Sexual sin is a scandal in the Scriptures not because the apostles were blushing prigs— they were, in reality, a rather salty bunch— or because the body is dirty or evil, but because our skin and muscles and feet and hands are more sacred than any communion chalice or baptismal font. Ignoring Scripture’s teaching about the proper use of the body and using our bodies for our own false worship is a misuse of the sacred akin to using consecrated bread and wine in a Wiccan goddess ceremony.

Similarly, when we denigrate our bodies— whether through neglect or staring at our faces and counting up our flaws— we are belittling a sacred site, a worship space more wondrous than the most glorious, ancient cathedral. We are standing before the Grand Canyon or the Sistine Chapel and rolling our eyes.

But when we use our bodies for their intended purpose— in gathered worship, raising our hands or singing or kneeling, or,   in   our average day, sleeping or savoring a meal or jumping or hiking or running or having sex with our spouse or kneeling in prayer or nursing a baby or digging a garden— it is glorious, as glorious as a great cathedral being used just as its architect had dreamt it would be.

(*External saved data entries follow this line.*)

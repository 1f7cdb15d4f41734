-- ===== src/Lora/Link.antt =====
-- Uplinks and downlinks of src/radio/lorawan.py. The cryptography is a parameter, and so is what the
-- radio does: whether it sent the frame and the frame that its receive windows brought. The choice of
-- a channel, which is random, and the log are left out.
use wqm.Prelude.{
  ℕ, suc, ◌+◌, ◌-◌, ◌*◌, ◌/◌, ◌%◌, ◌≤◌, ◌<◌, ◌≡◌, Bool, true, false, ◌&&◌, ◌||◌, not, Option, none,
  some, List, [], ◌∷◌, ◌++◌, arith, leb, ltb, ◌==◌, if◌then◌else◌, length, take, drop,
}
use wqm.Lora.{Bytes, Session, Mac, forget_session, queue_answer, max_fopts_len}
use wqm.Lora.Commands.{byte, handle_mac_commands}
use wqm.Lora.Frames.{uplink_mic, downlink_mic, encrypt_payload, pack16}

unfoldable pub same_bytes : Bytes → Bytes → Bool
same_bytes [] [] = true
same_bytes (x ∷ xs) (y ∷ ys) = (x == y) && same_bytes xs ys
same_bytes xs ys = false

-- `_reconstruct_fcnt_down`, at the counter that is expected
unfoldable pub reconstruct_fcnt_down : ℕ → ℕ → ℕ
reconstruct_fcnt_down expected fcnt16 =
    let candidate = expected % 4294967296 / 65536 * 65536 + fcnt16 in
    if ltb candidate expected then candidate + 65536 else candidate

-- While the counter has 32 bits: the number that is found is not below the expected one, has the 16
-- bits that were on the air, and is the only such number within 65536 of it.
pub reconstruct_nearest :
    (expected fcnt16 : ℕ)
    → expected < 4294967296
    → fcnt16 < 65536
    → (expected ≤ reconstruct_fcnt_down expected fcnt16)
      × (reconstruct_fcnt_down expected fcnt16 % 65536 ≡ fcnt16)
      × ((n : ℕ)
          → expected ≤ n
          → n < expected + 65536
          → n % 65536 ≡ fcnt16
          → n ≡ reconstruct_fcnt_down expected fcnt16)
unfolding reconstruct_fcnt_down
reconstruct_nearest expected fcnt16 h k = (ground arith, ground arith, λ n low high e. ground arith)

-- `data[:-4]` and `data[-4:]`
abbrev pub body_of : Bytes → Bytes
body_of frame = take (length frame - 4) frame

abbrev pub mic_of : Bytes → Bytes
mic_of frame = drop (length frame - 4) frame

-- What is returned, and the MAC after it.
abbrev pub Received : Type 0
Received = Option Bytes × Mac

unfoldable pub accept_frame : ℕ → ℕ → Mac → Mac
accept_frame mhdr fcnt m = record m {
  session = record (m.session) { fcnt_down = fcnt + 1 };
  uplinks_since_downlink = 0;
  unanswered_link_checks = 0;
  ack_pending = if mhdr == 160 then true else m.ack_pending;
}

unfoldable pub frame_fcnt : Bytes → Mac → ℕ
frame_fcnt frame m = reconstruct_fcnt_down m.session.fcnt_down (byte frame 6 + byte frame 7 * 256)

abbrev header_len : Bytes → ℕ
header_len frame = 8 + byte frame 5 % 16

module _ (cmac aes : Bytes → Bytes → Bytes) where
  -- The checks before the counter advances.
  unfoldable pub is_verified : Bytes → Mac → Bool
  is_verified frame m =
      not (ltb (length frame) 12)
      && (byte frame 0 == 96 || byte frame 0 == 160)
      && same_bytes (take 4 (drop 1 frame)) m.session.dev_addr
      && same_bytes
          (downlink_mic cmac m.session.nwk_skey (take 4 (drop 1 frame)) (frame_fcnt frame m)
            (body_of frame))
          (mic_of frame)

  -- After the MAC commands of the header.
  unfoldable pub open_payload : Bytes → ℕ → Mac → Received
  open_payload frame fcnt m =
      if leb (length (body_of frame)) (header_len frame)
      then (none, m)
      else (let fport = byte frame (header_len frame) in
          let key = if fport == 0 then m.session.nwk_skey else m.session.app_skey in
          let payload =
            encrypt_payload aes key (take 4 (drop 1 frame)) fcnt
              (drop (header_len frame + 1) (body_of frame)) 1 in
          (some (fport ∷ payload), if fport == 0 then handle_mac_commands payload m else m))

  -- `_process_downlink`
  unfoldable pub process_downlink : Bytes → Mac → Received
  process_downlink frame m =
      if is_verified frame m
      then open_payload frame (frame_fcnt frame m) (
          handle_mac_commands (take (byte frame 5 % 16) (drop 8 frame))
            (accept_frame (byte frame 0) (frame_fcnt frame m) m))
      else (none, m)

-- The hook that saves the session: there is none, or it saves or raises.
pub data Hook : Type 0 where
  unset : Hook
  set : Bool → Hook

-- What others see of a call: the hook was called at a session, and whether it saved that; the radio
-- was given a frame.
pub data Effect : Type 0 where
  hooked : Session → Bool → Effect
  aired : Bytes → Effect

-- `_persist`: an exception of the hook is swallowed.
unfoldable pub persist : Hook → Session → List Effect
persist unset s = []
persist (set saves) s = hooked s saves ∷ []

-- What one call of `send_uplink` does: its answer, the MAC after it, and what it did on the way, in
-- order.
pub record Uplink : Type 0 where
  pub answer : Option Bytes
  pub mac : Mac
  pub trace : List Effect

-- MAX_PAYLOAD_BY_DR at `uplink_dr`, by the spreading factor
unfoldable pub max_payload : ℕ → ℕ
max_payload sf = if sf == 10 then 11 else if sf == 9 then 53 else if sf == 8 then 125 else 242

-- After the counter went up: whether the session is to be forgotten.
unfoldable pub is_dead : Mac → Bool
is_dead m = m.uplinks_since_downlink % 24 == 0 && leb 3 m.unanswered_link_checks

unfoldable pub probe : Mac → Mac
probe m =
    if m.uplinks_since_downlink % 24 == 0
    then queue_answer (2 ∷ []) (record m { unanswered_link_checks = suc m.unanswered_link_checks })
    else m

unfoldable pub count_uplink : Mac → Mac
count_uplink m = record m { uplinks_since_downlink = suc m.uplinks_since_downlink }

unfoldable pub consume_counter : Mac → Mac
consume_counter m = record m {
  session = record (m.session) { fcnt_up = suc m.session.fcnt_up };
  pending_fopts = [];
  ack_pending = false;
}

module _ (cmac aes : Bytes → Bytes → Bytes) where
  -- MHDR, DevAddr, FCtrl, FCnt, FOpts, FPort and the payload.
  unfoldable pub frame_body : Bytes → ℕ → Bool → Mac → Bytes
  frame_body payload fport confirmed m =
      let fopts = take max_fopts_len m.pending_fopts in
      let key = if fport == 0 then m.session.nwk_skey else m.session.app_skey in
      (if confirmed then 128 else 64)
      ∷ (m.session.dev_addr
          ++ (((if m.ack_pending then 32 else 0) + length fopts)
              ∷ (pack16 m.session.fcnt_up
                  ++ (fopts
                      ++ (fport
                          ∷ encrypt_payload aes key m.session.dev_addr m.session.fcnt_up payload
                              0)))))

  unfoldable pub build_frame : Bytes → ℕ → Bool → Mac → Bytes
  build_frame payload fport confirmed m =
      frame_body payload fport confirmed m
      ++ uplink_mic cmac m.session.nwk_skey m.session.dev_addr m.session.fcnt_up
          (frame_body payload fport confirmed m)

  -- The two windows: nothing after a failed transmission.
  unfoldable pub after_tx : Bool → Option Bytes → Mac → Received
  after_tx sent received m =
      if sent
      then elim received [ none ↦ (none, m) | some frame ↦ process_downlink cmac aes frame m ]
      else (none, m)

  unfoldable pub transmit : Hook → Bytes → ℕ → Bool → Bool → Option Bytes → Mac → Uplink
  transmit hook payload fport confirmed sent received m = record {
    answer = (after_tx sent received (consume_counter m)).0;
    mac = (after_tx sent received (consume_counter m)).1;
    trace =
        persist hook (consume_counter m).session
        ++ aired (build_frame payload fport confirmed m) ∷ [];
  }

  unfoldable pub send_checked : Hook → Bytes → ℕ → Bool → Bool → Option Bytes → Mac → Uplink
  send_checked hook payload fport confirmed sent received m =
      if ltb (max_payload m.sf) (length payload + length m.pending_fopts)
      then record { answer = none; mac = m; trace = [] }
      else transmit hook payload fport confirmed sent received m

  unfoldable pub send_uplink : Hook → Bytes → ℕ → Bool → Bool → Option Bytes → Mac → Uplink
  send_uplink hook payload fport confirmed sent received m =
      if not m.session.joined
      then record { answer = none; mac = m; trace = [] }
      else if is_dead (count_uplink m)
      then record {
        answer = none;
        mac = forget_session (count_uplink m);
        trace = persist hook (forget_session (count_uplink m)).session;
      }
      else send_checked hook payload fport confirmed sent received (probe (count_uplink m))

In my tradition, when a chalice is broken or an altar cloth is torn, we don’t throw it in the trash; it must be buried or burned. Leftover consecrated wine is either drunk or poured into the ground, never down the drain. We do this because these objects are sacred, set apart, and worthy of care. In the same way, care for the body— even these small, daily tasks of maintenance— is a way we honor our bodies as sacred parts of worship.